# DATA PROVIDED:
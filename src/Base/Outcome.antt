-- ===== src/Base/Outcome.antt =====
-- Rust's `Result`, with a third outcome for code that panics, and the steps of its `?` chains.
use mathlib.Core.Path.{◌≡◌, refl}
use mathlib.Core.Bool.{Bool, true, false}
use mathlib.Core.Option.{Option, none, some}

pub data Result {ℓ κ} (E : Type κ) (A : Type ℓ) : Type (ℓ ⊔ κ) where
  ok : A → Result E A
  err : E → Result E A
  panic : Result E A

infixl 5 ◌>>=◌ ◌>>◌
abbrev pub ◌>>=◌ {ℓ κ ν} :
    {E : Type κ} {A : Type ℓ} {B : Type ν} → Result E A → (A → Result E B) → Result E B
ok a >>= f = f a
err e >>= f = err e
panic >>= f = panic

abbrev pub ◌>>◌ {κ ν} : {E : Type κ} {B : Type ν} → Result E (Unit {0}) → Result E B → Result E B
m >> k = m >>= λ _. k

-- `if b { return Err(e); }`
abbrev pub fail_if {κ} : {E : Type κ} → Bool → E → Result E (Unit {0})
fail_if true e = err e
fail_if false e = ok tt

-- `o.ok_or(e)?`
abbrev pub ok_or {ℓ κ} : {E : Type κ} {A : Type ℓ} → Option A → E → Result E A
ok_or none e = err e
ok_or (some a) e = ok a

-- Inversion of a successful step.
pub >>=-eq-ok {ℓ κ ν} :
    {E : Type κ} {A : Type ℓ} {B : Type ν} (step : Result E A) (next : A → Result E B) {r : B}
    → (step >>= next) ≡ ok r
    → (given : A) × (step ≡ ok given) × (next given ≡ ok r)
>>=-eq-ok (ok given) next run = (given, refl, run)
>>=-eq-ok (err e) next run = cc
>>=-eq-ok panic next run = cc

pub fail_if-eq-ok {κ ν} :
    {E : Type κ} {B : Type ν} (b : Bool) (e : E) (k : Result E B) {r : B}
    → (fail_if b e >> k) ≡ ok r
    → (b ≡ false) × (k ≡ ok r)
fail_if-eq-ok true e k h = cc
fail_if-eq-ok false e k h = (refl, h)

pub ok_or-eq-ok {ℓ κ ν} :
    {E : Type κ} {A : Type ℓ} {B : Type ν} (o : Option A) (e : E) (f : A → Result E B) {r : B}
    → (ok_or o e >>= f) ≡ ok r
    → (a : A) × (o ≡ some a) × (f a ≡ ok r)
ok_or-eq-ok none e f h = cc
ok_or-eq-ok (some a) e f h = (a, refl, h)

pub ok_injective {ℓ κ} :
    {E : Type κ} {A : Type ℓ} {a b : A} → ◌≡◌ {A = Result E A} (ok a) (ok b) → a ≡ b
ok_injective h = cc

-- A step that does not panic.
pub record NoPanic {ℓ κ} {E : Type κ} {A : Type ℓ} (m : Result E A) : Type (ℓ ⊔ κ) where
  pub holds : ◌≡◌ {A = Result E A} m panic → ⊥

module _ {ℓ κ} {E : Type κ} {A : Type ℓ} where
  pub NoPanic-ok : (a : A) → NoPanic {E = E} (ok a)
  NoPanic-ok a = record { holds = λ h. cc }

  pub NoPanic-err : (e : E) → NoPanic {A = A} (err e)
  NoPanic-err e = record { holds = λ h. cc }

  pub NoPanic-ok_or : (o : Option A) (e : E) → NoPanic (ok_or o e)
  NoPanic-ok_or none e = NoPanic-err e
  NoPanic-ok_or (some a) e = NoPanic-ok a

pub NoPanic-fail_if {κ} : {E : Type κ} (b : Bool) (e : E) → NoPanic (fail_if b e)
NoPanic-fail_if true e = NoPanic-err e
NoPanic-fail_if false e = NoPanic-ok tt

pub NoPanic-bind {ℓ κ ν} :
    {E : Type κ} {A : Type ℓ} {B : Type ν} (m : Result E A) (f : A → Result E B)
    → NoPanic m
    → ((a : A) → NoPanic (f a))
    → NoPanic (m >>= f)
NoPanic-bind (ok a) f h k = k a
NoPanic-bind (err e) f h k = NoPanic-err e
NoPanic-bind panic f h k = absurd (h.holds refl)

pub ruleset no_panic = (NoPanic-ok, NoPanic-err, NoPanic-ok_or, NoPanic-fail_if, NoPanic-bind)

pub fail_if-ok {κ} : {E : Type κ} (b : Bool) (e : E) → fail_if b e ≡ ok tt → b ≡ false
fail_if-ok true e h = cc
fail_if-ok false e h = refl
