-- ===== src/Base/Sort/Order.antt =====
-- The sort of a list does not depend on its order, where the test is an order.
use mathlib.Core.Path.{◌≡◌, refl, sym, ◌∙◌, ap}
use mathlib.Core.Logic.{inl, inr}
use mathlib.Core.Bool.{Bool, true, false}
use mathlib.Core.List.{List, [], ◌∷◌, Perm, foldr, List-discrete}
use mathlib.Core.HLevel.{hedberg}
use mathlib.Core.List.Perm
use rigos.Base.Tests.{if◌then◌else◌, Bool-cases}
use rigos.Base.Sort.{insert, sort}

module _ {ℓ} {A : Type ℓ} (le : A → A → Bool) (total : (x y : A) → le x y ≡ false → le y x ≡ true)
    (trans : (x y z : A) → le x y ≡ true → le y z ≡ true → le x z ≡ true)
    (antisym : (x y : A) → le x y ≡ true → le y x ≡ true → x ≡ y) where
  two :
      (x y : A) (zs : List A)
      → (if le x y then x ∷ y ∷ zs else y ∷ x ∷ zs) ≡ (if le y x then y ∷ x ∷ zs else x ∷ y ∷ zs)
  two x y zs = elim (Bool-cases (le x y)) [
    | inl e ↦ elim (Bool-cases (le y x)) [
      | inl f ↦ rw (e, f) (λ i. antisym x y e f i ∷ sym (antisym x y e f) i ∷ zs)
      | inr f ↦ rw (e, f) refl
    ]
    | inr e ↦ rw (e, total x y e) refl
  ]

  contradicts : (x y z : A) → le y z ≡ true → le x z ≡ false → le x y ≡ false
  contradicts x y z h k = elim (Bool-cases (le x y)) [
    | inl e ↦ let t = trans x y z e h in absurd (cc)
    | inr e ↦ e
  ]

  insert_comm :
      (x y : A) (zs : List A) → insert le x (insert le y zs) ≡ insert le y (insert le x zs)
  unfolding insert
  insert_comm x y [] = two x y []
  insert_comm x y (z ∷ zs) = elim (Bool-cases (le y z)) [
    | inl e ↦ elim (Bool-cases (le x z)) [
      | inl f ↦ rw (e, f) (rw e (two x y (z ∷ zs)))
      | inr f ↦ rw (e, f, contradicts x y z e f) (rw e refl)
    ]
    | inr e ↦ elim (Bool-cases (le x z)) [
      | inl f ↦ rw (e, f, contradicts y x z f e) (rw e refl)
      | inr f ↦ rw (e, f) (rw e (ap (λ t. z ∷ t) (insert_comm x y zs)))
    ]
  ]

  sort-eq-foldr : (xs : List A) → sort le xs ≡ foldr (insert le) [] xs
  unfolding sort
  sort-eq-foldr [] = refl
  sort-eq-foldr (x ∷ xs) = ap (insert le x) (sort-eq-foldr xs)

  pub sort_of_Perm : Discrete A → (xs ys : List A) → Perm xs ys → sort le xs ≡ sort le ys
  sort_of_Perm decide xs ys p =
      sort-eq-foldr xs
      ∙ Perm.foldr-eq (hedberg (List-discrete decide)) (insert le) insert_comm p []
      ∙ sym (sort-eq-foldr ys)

# WORK REQUIRED:
Set down exactly the lines of the material above from the one with "(insert_comm x y zs)))" through the end. Include both ends and nothing else.

# RESULT FOR THIS EXERCISE:
      | inr f ↦ rw (e, f) (rw e (ap (λ t. z ∷ t) (insert_comm x y zs)))
    ]
  ]

  sort-eq-foldr : (xs : List A) → sort le xs ≡ foldr (insert le) [] xs
  unfolding sort
  sort-eq-foldr [] = refl
  sort-eq-foldr (x ∷ xs) = ap (insert le x) (sort-eq-foldr xs)

  pub sort_of_Perm : Discrete A → (xs ys : List A) → Perm xs ys → sort le xs ≡ sort le ys
  sort_of_Perm decide xs ys p =
      sort-eq-foldr xs
      ∙ Perm.foldr-eq (hedberg (List-discrete decide)) (insert le) insert_comm p []
      ∙ sym (sort-eq-foldr ys)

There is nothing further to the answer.